TASK ITEM
Copies of all lines that contain "name" are needed; take them from the data below.

[Saved data entries]
--- START ---
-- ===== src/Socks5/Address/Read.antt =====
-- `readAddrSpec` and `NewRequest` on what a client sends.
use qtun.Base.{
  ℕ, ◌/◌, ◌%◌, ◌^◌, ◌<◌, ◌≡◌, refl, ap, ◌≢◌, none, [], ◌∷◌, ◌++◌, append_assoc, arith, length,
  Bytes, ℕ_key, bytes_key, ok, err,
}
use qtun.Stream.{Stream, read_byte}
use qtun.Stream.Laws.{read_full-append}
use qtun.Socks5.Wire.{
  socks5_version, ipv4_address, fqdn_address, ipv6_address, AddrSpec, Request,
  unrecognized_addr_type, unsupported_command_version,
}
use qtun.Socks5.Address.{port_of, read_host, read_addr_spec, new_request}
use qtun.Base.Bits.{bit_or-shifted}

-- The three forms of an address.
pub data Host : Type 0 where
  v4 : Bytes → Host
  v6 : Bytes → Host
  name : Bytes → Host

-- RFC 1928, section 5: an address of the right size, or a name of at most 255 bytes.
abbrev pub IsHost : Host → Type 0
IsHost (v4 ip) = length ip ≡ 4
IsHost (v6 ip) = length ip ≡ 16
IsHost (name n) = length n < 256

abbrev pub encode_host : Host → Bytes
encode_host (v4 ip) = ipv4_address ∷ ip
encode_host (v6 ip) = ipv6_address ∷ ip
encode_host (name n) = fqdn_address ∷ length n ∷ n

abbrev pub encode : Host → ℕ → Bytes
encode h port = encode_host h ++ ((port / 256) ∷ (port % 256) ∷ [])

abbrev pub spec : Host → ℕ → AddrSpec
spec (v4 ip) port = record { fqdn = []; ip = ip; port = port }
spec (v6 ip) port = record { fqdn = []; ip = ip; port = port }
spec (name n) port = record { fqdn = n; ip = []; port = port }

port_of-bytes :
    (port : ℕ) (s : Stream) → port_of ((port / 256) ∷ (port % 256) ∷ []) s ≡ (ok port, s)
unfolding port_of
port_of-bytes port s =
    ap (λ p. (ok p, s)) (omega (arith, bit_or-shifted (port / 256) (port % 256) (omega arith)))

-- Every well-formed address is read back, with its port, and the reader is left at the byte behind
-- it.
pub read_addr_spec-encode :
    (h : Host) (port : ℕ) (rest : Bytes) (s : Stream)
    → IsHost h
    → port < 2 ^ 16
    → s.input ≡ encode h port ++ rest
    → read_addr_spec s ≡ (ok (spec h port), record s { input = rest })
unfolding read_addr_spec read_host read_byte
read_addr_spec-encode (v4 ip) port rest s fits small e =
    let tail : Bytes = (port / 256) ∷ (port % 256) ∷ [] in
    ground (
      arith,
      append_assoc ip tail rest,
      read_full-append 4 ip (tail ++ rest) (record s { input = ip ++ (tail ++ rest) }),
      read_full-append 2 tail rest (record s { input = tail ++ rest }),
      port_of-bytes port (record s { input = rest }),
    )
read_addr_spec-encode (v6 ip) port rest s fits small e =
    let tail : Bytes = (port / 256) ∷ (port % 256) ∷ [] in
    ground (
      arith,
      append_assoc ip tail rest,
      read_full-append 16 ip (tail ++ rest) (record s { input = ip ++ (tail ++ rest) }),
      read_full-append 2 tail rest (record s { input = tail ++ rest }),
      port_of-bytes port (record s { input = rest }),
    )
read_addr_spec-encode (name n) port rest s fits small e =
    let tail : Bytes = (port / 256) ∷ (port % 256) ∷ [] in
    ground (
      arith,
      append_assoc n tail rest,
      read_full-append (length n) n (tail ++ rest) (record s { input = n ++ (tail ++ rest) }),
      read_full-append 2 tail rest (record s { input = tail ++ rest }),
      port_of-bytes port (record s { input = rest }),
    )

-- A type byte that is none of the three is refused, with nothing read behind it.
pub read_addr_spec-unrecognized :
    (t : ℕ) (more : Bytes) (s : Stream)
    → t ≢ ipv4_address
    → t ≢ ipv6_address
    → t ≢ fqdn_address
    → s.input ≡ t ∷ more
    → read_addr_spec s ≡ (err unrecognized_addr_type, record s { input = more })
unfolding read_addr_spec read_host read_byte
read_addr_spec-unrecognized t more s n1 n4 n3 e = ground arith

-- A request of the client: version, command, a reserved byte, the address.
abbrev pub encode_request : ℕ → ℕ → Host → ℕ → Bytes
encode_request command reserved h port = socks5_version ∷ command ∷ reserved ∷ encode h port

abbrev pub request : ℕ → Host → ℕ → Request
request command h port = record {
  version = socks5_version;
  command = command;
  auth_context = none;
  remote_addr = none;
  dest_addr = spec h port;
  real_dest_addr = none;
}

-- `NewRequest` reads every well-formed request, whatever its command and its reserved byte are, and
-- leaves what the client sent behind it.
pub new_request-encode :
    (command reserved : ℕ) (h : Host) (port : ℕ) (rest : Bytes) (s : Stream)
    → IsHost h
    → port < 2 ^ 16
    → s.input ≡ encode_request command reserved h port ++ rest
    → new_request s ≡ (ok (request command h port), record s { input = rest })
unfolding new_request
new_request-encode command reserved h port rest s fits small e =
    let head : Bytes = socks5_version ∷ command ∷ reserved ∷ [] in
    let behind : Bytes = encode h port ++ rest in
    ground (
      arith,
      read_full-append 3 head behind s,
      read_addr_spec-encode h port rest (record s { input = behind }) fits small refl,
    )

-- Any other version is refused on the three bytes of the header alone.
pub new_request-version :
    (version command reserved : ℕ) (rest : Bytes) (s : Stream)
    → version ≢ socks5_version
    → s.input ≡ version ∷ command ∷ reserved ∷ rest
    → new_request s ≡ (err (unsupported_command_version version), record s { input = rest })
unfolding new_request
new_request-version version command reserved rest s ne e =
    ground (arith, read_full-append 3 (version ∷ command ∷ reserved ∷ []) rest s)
--- END ---
--- START ---
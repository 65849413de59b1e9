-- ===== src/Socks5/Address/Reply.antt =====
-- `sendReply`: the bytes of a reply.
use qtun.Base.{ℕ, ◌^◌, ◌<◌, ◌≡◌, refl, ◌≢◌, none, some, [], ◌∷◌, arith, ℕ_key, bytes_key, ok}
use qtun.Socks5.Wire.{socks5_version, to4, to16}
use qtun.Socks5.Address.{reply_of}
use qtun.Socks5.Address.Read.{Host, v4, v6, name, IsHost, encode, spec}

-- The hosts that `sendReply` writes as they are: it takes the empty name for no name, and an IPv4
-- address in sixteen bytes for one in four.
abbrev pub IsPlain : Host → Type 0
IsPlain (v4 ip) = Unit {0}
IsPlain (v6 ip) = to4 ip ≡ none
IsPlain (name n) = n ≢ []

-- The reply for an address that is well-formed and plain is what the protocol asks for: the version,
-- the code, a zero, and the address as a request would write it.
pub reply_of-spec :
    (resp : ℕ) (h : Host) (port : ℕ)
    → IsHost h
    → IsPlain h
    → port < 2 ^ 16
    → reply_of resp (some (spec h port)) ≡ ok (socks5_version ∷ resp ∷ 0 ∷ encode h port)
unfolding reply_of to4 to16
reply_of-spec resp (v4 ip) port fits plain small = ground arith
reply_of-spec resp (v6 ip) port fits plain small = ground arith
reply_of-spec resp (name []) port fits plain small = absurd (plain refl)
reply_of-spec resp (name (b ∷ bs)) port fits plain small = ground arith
--- END ---
YOUR SOLUTION
  name : Bytes → Host
-- RFC 1928, section 5: an address of the right size, or a name of at most 255 bytes.
IsHost (name n) = length n < 256
encode_host (name n) = fqdn_address ∷ length n ∷ n
spec (name n) port = record { fqdn = n; ip = []; port = port }
read_addr_spec-encode (name n) port rest s fits small e =
use qtun.Socks5.Address.Read.{Host, v4, v6, name, IsHost, encode, spec}
-- The hosts that `sendReply` writes as they are: it takes the empty name for no name, and an IPv4
IsPlain (name n) = n ≢ []
reply_of-spec resp (name []) port fits plain small = absurd (plain refl)
reply_of-spec resp (name (b ∷ bs)) port fits plain small = ground arith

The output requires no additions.